# Downgrade freebsd 8.1 to 7.1 32bit



## Mimmo91 (Sep 6, 2010)

Hi,
I need downgrade my freebsd 8.1 32bit to 7.1 32bit
i can't insert cd for reinstalling because i have a dedicated server.

i have access only ftp and ssh.

Post cmds thanks!


----------



## da1 (Sep 7, 2010)

as far as I know, this is not a linux-based forum or OS 

how about trying for yourself first and then asking questions ? because frankly, I don't think anyone will give you all cmd's for accomplishing anything if you don't put your brain to work first


----------



## SirDice (Sep 7, 2010)

I really wouldn't recommend it. The best way to 'downgrade' would be to backup everything and reinstall from scratch.

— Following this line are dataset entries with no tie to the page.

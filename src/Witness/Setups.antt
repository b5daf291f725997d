-- ===== src/Witness/Setups.antt =====
-- Two services, one of which shares its auxiliary processor, and three classes in a chain.
use spyne.Prelude.{
  ℕ, zero, suc, nat_eq, string_eq, ◌≡◌, refl, String, Option, none, some, List, [], ◌∷◌, contains,
  Distinct, arith, All, ◌<◌,
}
use spyne.Prelude.Dict
use spyne.Prelude.Dict.{Dict}
use spyne.Prelude.Exec.{ok, modify}
use spyne.Application.Setup.{Descriptor, check_unique_method_keys, reinitialize, each, all_keys}
use spyne.Application.Setup.Once.{
  Verdict, check_unique_method_keys-Verdict, reinitialize-InitializesOnce, objects,
}
use spyne.Util.Cdict.{class_key, instance_key, getitem, reversed}
use spyne.Util.Cdict.Inherited.{
  IsInherited, IsCache, Answers, getitem-Answers, getitem_instance_lem, first_of, or_else,
}

abbrev methods : List Descriptor
methods =
    record { id = 1; internal_key = "a"; aux = some 7; service_class = some 9 }
    ∷ record { id = 2; internal_key = "b"; aux = some 7; service_class = none }
    ∷ []

check_unique_method_keys-Verdict_example :
    Verdict []
      (all_keys (methods ∷ methods ∷ []))
      (check_unique_method_keys (methods ∷ methods ∷ []))
check_unique_method_keys-Verdict_example = check_unique_method_keys-Verdict (methods ∷ methods ∷ [])

reinitialize-InitializesOnce_example :
    (l : List ℕ) × Distinct l
    × ((x : ℕ) → contains l x ≡ contains (objects methods) x)
    × ((s : List ℕ)
        → reinitialize {E = String} (λ x. modify λ done. x ∷ done) methods s
          ≡ each (λ x. modify λ done. x ∷ done) l s)
reinitialize-InitializesOnce_example =
    reinitialize-InitializesOnce (λ x. modify λ done. x ∷ done) methods

-- Class 2 derives from class 1, and class 1 from class 0.
abbrev bases : ℕ → List ℕ
bases zero = []
bases (suc c) = c ∷ []

abbrev entries : Dict ℕ String
entries = (0, "object") ∷ (1, "base") ∷ []

abbrev value : ℕ → Option String
value zero = some "object"
value (suc c) = some "base"

value_lem : (c : ℕ) → value c ≡ or_else (Dict.get entries c) (first_of value (reversed (bases c)))
unfolding Dict.get
value_lem zero = refl
value_lem (suc zero) = refl
value_lem (suc (suc c)) = ground arith

older : (c : ℕ) → All (λ b. b < c) (bases c)
older zero = tt
older (suc c) = (omega arith, tt)

entries-IsInherited : IsInherited bases entries value
entries-IsInherited = record { inherited = value_lem; older = older }

entries-value : (c : ℕ) (v : String) → Dict.get entries c ≡ some v → value c ≡ some v
unfolding Dict.get
entries-value zero v e = e
entries-value (suc zero) v e = e
entries-value (suc (suc c)) v e = absurd (ground (arith, e))

entries-IsCache : IsCache bases entries value entries
entries-IsCache = record { cached = entries-value; complete = λ c e. e }

getitem-Answers_example :
    Answers bases entries value (some "base") (getitem bases 3 (class_key 2) entries)
getitem-Answers_example =
    getitem-Answers bases entries value 2 entries entries-IsInherited entries-IsCache

getitem_instance_lem_example :
    ((getitem bases 1 (instance_key 1) entries).0 ≡ ok "object")
    × ((v : String)
        → some "object" ≡ some v
        → Dict.get (getitem bases 1 (instance_key 1) entries).1 1 ≡ some v)
getitem_instance_lem_example =
    getitem_instance_lem bases entries value 1 entries entries-IsInherited entries-IsCache
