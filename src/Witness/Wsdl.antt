-- ===== src/Witness/Wsdl.antt =====
-- A server that describes itself with one document.
use spyne.Prelude.{ℕ, ◌≡◌, ◌≢◌, refl, some, none, String, Option, List}
use spyne.Prelude.Exec.{ok}
use spyne.Evmgr
use spyne.Context.{Event-discrete}
use spyne.Application.{fire_event}
use spyne.Server.Wsgi.{finalize}
use spyne.Prelude.Dict.{get}
use spyne.Server.Wsgi.Wsdl.{WsdlDocument, WsdlState, handle_wsdl_request, http_500}
use spyne.Server.Wsgi.Wsdl.Cached.{handle_wsdl_request_once, Keeps, KeepsDocument}
use spyne.Witness.{list_set, env, protocol, wsgi, fresh}

-- The state of the document is the text that was built last.
abbrev document : WsdlDocument (Option String)
document = record {
  get_interface_document = λ d. d;
  build_interface_document = λ url d. (ok tt, some "<definitions/>");
}

abbrev idle : WsdlState (List ℕ) (Option String)
idle = record { server = fresh 1; cached = none; document = none }

abbrev described : WsdlState (List ℕ) (Option String)
described = (handle_wsdl_request list_set env protocol wsgi (some document) "u" idle).1

answered :
    (handle_wsdl_request list_set env protocol wsgi (some document) "u" idle).0
    ≡ ok "<definitions/>"
unfolding handle_wsdl_request fire_event Evmgr.fire_event Evmgr.fire_all get Event-discrete finalize
answered = refl

differs : "<definitions/>" ≢ http_500
differs e = cc

keeps_document : KeepsDocument list_set env protocol wsgi document
unfolding Evmgr.fire_event Evmgr.fire_all get
keeps_document c = refl

-- the server when the second request comes, in a context of its own
abbrev next : WsdlState (List ℕ) (Option String)
next = record described { server = fresh 2 }

handle_wsdl_request_once_example :
    Keeps list_set env protocol wsgi document "<definitions/>" next
      (handle_wsdl_request list_set env protocol wsgi (some document) "v" next)
handle_wsdl_request_once_example =
    handle_wsdl_request_once list_set env protocol wsgi document idle (fresh 2) "u" "v"
      "<definitions/>" keeps_document answered differs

What's the reason you want to downgrade?


----------



## Mimmo91 (Sep 7, 2010)

solved. close the topick thanks


----------



## SirDice (Sep 7, 2010)

Please, don't go editing your posts like that. Others might have the same question.


----------



## DutchDaemon (Sep 7, 2010)

Mimmo91, don't edit posts that other people have already replied to, especially topic starters. How did you solve this issue? And don't request to close the topic, there are specific moderation reasons for closing topics. Please follow up and post your solution, even if it's "Decided not to do it".


----------